### Problem
Show all lines from the records below in which the string "done" is present.
- - - -
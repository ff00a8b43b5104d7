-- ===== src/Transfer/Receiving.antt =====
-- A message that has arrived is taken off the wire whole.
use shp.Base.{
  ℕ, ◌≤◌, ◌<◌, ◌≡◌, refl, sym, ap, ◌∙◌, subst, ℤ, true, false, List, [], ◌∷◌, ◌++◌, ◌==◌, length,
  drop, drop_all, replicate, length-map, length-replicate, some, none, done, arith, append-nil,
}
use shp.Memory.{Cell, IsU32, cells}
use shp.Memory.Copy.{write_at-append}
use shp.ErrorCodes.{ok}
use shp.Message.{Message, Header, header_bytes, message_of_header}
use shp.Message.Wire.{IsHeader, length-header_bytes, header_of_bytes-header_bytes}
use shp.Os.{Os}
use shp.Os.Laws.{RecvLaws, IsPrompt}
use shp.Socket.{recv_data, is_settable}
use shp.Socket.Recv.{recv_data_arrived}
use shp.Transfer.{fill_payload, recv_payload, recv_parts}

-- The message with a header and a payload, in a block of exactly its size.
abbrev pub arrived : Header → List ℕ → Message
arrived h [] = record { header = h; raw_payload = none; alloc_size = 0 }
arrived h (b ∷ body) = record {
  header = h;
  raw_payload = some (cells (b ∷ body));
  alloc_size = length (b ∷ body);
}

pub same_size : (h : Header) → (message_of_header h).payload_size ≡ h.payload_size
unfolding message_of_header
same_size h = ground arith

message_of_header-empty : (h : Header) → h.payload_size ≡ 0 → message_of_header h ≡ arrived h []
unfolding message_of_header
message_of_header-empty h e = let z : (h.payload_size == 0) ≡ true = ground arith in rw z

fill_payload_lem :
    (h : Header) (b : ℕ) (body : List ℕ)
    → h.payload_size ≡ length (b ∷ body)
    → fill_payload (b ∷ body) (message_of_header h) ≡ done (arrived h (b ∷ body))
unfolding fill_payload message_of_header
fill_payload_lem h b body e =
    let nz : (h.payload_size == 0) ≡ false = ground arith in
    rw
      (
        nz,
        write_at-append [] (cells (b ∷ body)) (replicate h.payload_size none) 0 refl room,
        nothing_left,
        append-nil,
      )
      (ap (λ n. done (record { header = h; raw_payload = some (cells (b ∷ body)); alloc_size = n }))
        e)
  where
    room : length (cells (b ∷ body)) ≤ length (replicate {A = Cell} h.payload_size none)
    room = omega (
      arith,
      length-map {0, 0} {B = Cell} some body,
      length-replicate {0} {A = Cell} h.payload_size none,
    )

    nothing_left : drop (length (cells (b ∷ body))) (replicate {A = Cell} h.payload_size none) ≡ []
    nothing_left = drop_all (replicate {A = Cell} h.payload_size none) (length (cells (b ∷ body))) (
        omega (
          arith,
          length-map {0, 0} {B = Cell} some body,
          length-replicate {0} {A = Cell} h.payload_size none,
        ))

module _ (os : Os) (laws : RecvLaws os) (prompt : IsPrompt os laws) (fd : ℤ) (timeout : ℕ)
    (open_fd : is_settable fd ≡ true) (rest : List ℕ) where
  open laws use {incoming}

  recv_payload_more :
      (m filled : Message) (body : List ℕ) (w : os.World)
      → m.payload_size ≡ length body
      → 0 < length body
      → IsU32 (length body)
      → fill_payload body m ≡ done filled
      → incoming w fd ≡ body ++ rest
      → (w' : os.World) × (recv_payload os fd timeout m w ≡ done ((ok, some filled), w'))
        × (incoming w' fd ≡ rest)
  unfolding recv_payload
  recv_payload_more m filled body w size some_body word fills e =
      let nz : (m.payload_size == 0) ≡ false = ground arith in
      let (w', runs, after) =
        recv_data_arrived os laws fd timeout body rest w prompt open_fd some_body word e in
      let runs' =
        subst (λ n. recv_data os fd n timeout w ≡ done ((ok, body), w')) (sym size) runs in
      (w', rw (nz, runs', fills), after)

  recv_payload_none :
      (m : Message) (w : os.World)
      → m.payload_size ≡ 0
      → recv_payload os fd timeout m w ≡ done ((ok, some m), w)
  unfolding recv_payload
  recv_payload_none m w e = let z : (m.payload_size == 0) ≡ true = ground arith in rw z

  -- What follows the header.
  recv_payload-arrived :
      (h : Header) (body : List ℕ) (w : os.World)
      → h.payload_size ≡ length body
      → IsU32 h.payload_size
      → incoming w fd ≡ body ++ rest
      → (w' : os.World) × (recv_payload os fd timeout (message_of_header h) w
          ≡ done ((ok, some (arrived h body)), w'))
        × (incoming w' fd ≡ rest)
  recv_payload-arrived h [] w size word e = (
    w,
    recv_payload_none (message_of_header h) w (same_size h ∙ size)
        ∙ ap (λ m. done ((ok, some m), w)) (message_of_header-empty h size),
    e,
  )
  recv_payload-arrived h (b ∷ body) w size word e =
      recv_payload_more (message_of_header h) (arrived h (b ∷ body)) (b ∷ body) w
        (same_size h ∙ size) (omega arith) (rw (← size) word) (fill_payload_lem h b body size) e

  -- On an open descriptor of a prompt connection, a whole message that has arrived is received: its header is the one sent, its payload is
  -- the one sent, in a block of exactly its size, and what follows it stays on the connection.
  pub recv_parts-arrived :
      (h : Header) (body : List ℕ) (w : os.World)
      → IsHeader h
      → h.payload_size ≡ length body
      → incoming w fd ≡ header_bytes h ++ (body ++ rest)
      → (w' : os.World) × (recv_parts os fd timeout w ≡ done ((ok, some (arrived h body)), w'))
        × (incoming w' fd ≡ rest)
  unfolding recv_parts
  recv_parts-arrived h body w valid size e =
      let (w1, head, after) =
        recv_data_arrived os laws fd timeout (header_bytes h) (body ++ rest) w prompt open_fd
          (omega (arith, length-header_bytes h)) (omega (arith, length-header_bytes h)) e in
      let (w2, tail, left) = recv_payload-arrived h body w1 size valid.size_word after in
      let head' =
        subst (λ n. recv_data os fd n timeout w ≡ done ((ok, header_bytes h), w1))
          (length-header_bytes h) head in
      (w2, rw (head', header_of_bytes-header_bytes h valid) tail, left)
- - - -
### The completed task
  drop, drop_all, replicate, length-map, length-replicate, some, none, done, arith, append-nil,
    → fill_payload (b ∷ body) (message_of_header h) ≡ done (arrived h (b ∷ body))
      (ap (λ n. done (record { header = h; raw_payload = some (cells (b ∷ body)); alloc_size = n }))
      → fill_payload body m ≡ done filled
      → (w' : os.World) × (recv_payload os fd timeout m w ≡ done ((ok, some filled), w'))
        subst (λ n. recv_data os fd n timeout w ≡ done ((ok, body), w')) (sym size) runs in
      → recv_payload os fd timeout m w ≡ done ((ok, some m), w)
          ≡ done ((ok, some (arrived h body)), w'))
        ∙ ap (λ m. done ((ok, some m), w)) (message_of_header-empty h size),
      → (w' : os.World) × (recv_parts os fd timeout w ≡ done ((ok, some (arrived h body)), w'))
        subst (λ n. recv_data os fd n timeout w ≡ done ((ok, header_bytes h), w1))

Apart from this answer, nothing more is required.